▸ Try it
Below are some records. Print exactly the lines between the one holding "unfolding serve_one serve_sent" and the one holding "-- A response", inclusive, and nothing else.

------------------------------------

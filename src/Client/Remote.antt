-- ===== src/Client/Remote.antt =====
-- Messages between a client and pkg/server arrive as they were sent.
pub mod Tools
pub mod Reads
pub mod Lists
pub mod Handshake
use Prim.Native.Nat.{◌+◌}
use mcp_module.Common.{
  Option-cases, inl, inr, ℕ, String, Bool, true, false, Option, none, some, List, [], ◌∷◌, map,
  Dict, lookup, ◌≡◌, ◌≢◌, refl, sym, ap, subst, ◌∙◌, ◌>>=◌, traverse, if◌then◌else◌, arith,
}
use mcp_module.Common.Int.{pos, int_eq_iff}
use mcp_module.Json.{
  Value, Any, int64, float64, whole, Runtime, marshal, unmarshal, any_of, is_absent, int, list_of,
  fold_eq, struct_of, fields, members, find_field, string_of, object,
}
use mcp_module.Json.Fields.{elems-items}
use mcp_module.I18n.{Translator}
use mcp_module.Protocol.{
  Result, ok, failed, Params, no_params, marshalled, unmarshalable, Request, Response, new_request,
  jsonrpc_version, RpcError, new_response, new_error_response, code_internal_error,
}
use mcp_module.Protocol.Content.{ToolResult}
use mcp_module.Protocol.Ids.{normalize_id}
use mcp_module.Protocol.Codec.{
  encode_request, decode_request, encode_response, decode_response, encode_any_map, decode_any_map,
}
use mcp_module.Protocol.Codec.Messages.{
  Survives, PointerSurvives, ErrorSurvives, MapSurvives, decode-encode_request_id,
  decode-encode_response, any_map_kept, decode-encode_result,
}
use mcp_module.Server.Tables.{Tables, ToolEntry}
use mcp_module.Server.Dispatch.{
  Reaction, reply, handle_request, respond, dispatch, method_of, handle_call_tool, call_tool_with,
  run_tool, read_call_params, list_field, answer_tool, encode_result_pointer,
}
use mcp_module.Client.Results.{
  Failure, rpc, local, Outcome, received, refused, parse_result, list_result,
}
use mcp_module.Client.Operations.{call_tool, then_parse, to_params, call_params}
use mcp_module.Client.Exchange.{
  IsExact, Joined, is_key, read_back, serve_sent, deliver, serve_read, serve_one, exchange,
}

-- The id that the server reads of the client's n-th request.
abbrev pub wire_id : ℕ → Any
wire_id n = float64 (whole (pos n))

-- The request as the server reads it.
abbrev pub arrived : ℕ → String → Option Value → Request
arrived n method params = record {
  jsonrpc = jsonrpc_version;
  id = wire_id n;
  method = method;
  params = params;
}

module _ (go : Runtime) (n : ℕ) (exact : IsExact go n) where
  pub wire_id-Survives : Survives go (wire_id n)
  unfolding marshal unmarshal
  wire_id-Survives = record {
    written = int (pos n);
    writes = refl;
    reads = ap float64 exact.nearest_same;
  }

  pub request_arrives :
      (method : String) (params : Option Value)
      → (encode_request (record {
        jsonrpc = jsonrpc_version;
        id = int64 (pos n);
        method = method;
        params = params;
      })
          >>= decode_request go)
        ≡ some (arrived n method params)
  unfolding marshal any_of unmarshal
  request_arrives method params =
      decode-encode_request_id go _ (int (pos n)) (wire_id n) refl (ap float64 exact.nearest_same)

  is_key-wire_id : is_key n (normalize_id go (wire_id n)) ≡ true
  unfolding is_key normalize_id
  is_key-wire_id = ground (arith, exact.nearest_same, exact.in_range, int_eq_iff (pos n) (pos n))

  read_back-own : (r : Response) → r.id ≡ wire_id n → read_back go n (some r) ≡ received r
  unfolding read_back
  read_back-own r e = rw (e, is_key-wire_id) refl

  response_arrives :
      (r : Response)
      → r.id ≡ wire_id n
      → PointerSurvives go r.error
      → deliver go n (reply r) ≡ received r
  unfolding deliver
  response_arrives r e h =
      ap (read_back go n)
        (decode-encode_response go r (subst (Survives go) (sym e) wire_id-Survives) h)
      ∙ read_back-own r e

pub none_not_some : {r : Request} → none ≢ some r
none_not_some e = cc

module _ {W : Type 0} (go : Runtime) (translator : Translator) (s : Tables W) where
  serve_read-reply :
      (n : ℕ) (w : W) (req : Request) {w' : W} {r : Response}
      → IsExact go n
      → handle_request go translator req s w ≡ (w', reply r)
      → r.id ≡ wire_id n
      → PointerSurvives go r.error
      → serve_read go translator s n w (some req) ≡ (w', received r)
  unfolding serve_read
  serve_read-reply n w req {r} exact h i k = rw h (rw (response_arrives go n exact r i k))

  -- A request that is read as another one is served as that one.
  pub serve_one-read :
      (n : ℕ) (w : W) (req req' : Request)
      → (encode_request req >>= decode_request go) ≡ some req'
      → serve_one go translator s n w (ok req) ≡ serve_read go translator s n w (some req')
  unfolding serve_one serve_sent
  serve_one-read n w req req' h = elim (Option-cases (encode_request req)) [
    | inl missing ↦ absurd (none_not_some (rw missing at h))
    | inr (v, written) ↦ rw (written, rw written at h) refl
  ]

-- The client's state after a request that left the world as `w`.
abbrev pub after : {W : Type 0} → Joined W → W → Joined W
after c w = record { next_id = c.next_id + 1; world = w }

-- What an exchange leaves of what the server's side gives.
abbrev left : {W : Type 0} → Joined W → W × Outcome Response → Joined W × Outcome Response
left c (w, o) = (after c w, o)

module _ {W : Type 0} (go : Runtime) (translator : Translator) (s : Tables W) (c : Joined W)
    (exact : IsExact go (c.next_id + 1)) where
  module _ (method : String) {w' : W} {r : Response} where
    -- A response that repeats the id reaches the client as it is.
    pub exchange-reply_bare :
        handle_request go translator (arrived (c.next_id + 1) method none) s c.world ≡ (w', reply r)
        → r.id ≡ wire_id (c.next_id + 1)
        → PointerSurvives go r.error
        → exchange go translator s c method no_params ≡ (after c w', received r)
    unfolding exchange new_request
    exchange-reply_bare h i k =
        rw
          (serve_one-read go translator s (c.next_id + 1) c.world _ _
            (request_arrives go (c.next_id + 1) exact method none))
          (ap (left c) (
            serve_read-reply go translator s (c.next_id + 1) c.world
              (arrived (c.next_id + 1) method none) exact h i k))

    pub exchange-reply :
        (v : Value)
        → handle_request go translator (arrived (c.next_id + 1) method (some v)) s c.world
          ≡ (w', reply r)
        → r.id ≡ wire_id (c.next_id + 1)
        → PointerSurvives go r.error
        → exchange go translator s c method (marshalled v) ≡ (after c w', received r)
    unfolding exchange new_request
    exchange-reply v h i k =
        rw
          (serve_one-read go translator s (c.next_id + 1) c.world _ _
            (request_arrives go (c.next_id + 1) exact method (some v)))
          (ap (left c) (
            serve_read-reply go translator s (c.next_id + 1) c.world
              (arrived (c.next_id + 1) method (some v)) exact h i k))

-- A list that the server answers under a name is read under that name.
pub list_result-list_field {ℓ} :
    {A : Type ℓ} (name : String) (read : Value → Option A) (vs : List Value)
    → fold_eq name name ≡ true
    → list_result name read (list_field name vs) ≡ traverse read vs
unfolding list_result list_field struct_of fields members find_field list_of
list_result-list_field name read vs h = rw h (rw (elems-items vs) refl)

-- What an operation makes of an answer without an error.
pub parse_respond {ℓ} :
    {A : Type ℓ} (go : Runtime) (read : Value → Option A) (id : Any) (v : Value) {a : A}
    → read v ≡ some a
    → then_parse go read (received (respond go id (some v))) ≡ received a
unfolding then_parse parse_result respond new_response
parse_respond go read id v h = rw h refl

-- An answer without an error repeats the id and survives the wire.
pub respond_id : (go : Runtime) (id : Any) (v : Value) → (respond go id (some v)).id ≡ id
unfolding respond new_response
respond_id go id v = refl

pub respond_error :
    (go : Runtime) (id : Any) (v : Value) → PointerSurvives go (respond go id (some v)).error
unfolding respond new_response
respond_error go id v = tt
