-- ===== src/Json/Mode/Outcome.antt =====
-- The exit of the JSON mode tells whether the input was a request with the fields that the validators
-- demand.
use agent_kv.Prelude.{Bytes, List, ◌≡◌, ◌⊎◌, inl, inr, refl, sym, ◌∙◌, Bool-cases, ℕ}
use mathlib.Core.Bool.{false≢true}
use agent_kv.Exec.{Result, ok, err}
use agent_kv.Json.{JsonLib, Parsed, parsed, malformed, refused}
use agent_kv.Json.Enforcer.{validate_request}
use agent_kv.Json.Shape.{IsRequest}
use agent_kv.Json.Accepts.{validate_request_iff}
use agent_kv.Json.Mode.{
  Response, accepted, parse_error, validation_error, raw_input, answer, answer_parsed, json_mode,
}

module _ {Json : Type 0} (lib : JsonLib Json) where
  -- The exit of the JSON mode for what the parser did: the exception of the parser that is not a
  -- `parse_error`; 1 with the message of a `parse_error`; or, for a value, 0 if it is a request and
  -- else 1.
  abbrev pub Exits : Parsed Json → Result (Response × ℕ) → Type 0
  Exits (refused what) r = r ≡ err what
  Exits (malformed what) r = r ≡ ok (parse_error what, 1)
  Exits (parsed request) r =
      (IsRequest lib request × (r ≡ ok (accepted, 0)))
      ⊎ ((¬ IsRequest lib request)
          × (r ≡ ok (validation_error (validate_request lib request).error, 1)))

  answer_parsed-Exits : (p : Parsed Json) → Exits p (answer_parsed lib p)
  unfolding answer_parsed answer
  answer_parsed-Exits (malformed what) = refl
  answer_parsed-Exits (refused what) = refl
  answer_parsed-Exits (parsed request) =
      let iff = validate_request_iff lib request in
      elim (Bool-cases (validate_request lib request).ok) [
        | inl valid ↦ inl (iff.0 valid, rw valid refl)
        | inr invalid ↦ inr (λ q. false≢true (sym invalid ∙ iff.1 q), rw invalid refl)
      ]

  pub json_mode-Exits :
      (parse : Bytes → Parsed Json) (lines : List Bytes)
      → Exits (parse (raw_input lines)) (json_mode lib parse lines)
  unfolding json_mode
  json_mode-Exits parse lines = answer_parsed-Exits (parse (raw_input lines))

------------------------------------

▸ Solution
  unfolding serve_one serve_sent
  serve_one-read n w req req' h = elim (Option-cases (encode_request req)) [
    | inl missing ↦ absurd (none_not_some (rw missing at h))
    | inr (v, written) ↦ rw (written, rw written at h) refl
  ]

-- The client's state after a request that left the world as `w`.
abbrev pub after : {W : Type 0} → Joined W → W → Joined W
after c w = record { next_id = c.next_id + 1; world = w }

-- What an exchange leaves of what the server's side gives.
abbrev left : {W : Type 0} → Joined W → W × Outcome Response → Joined W × Outcome Response
left c (w, o) = (after c w, o)

module _ {W : Type 0} (go : Runtime) (translator : Translator) (s : Tables W) (c : Joined W)
    (exact : IsExact go (c.next_id + 1)) where
  module _ (method : String) {w' : W} {r : Response} where
    -- A response that repeats the id reaches the client as it is.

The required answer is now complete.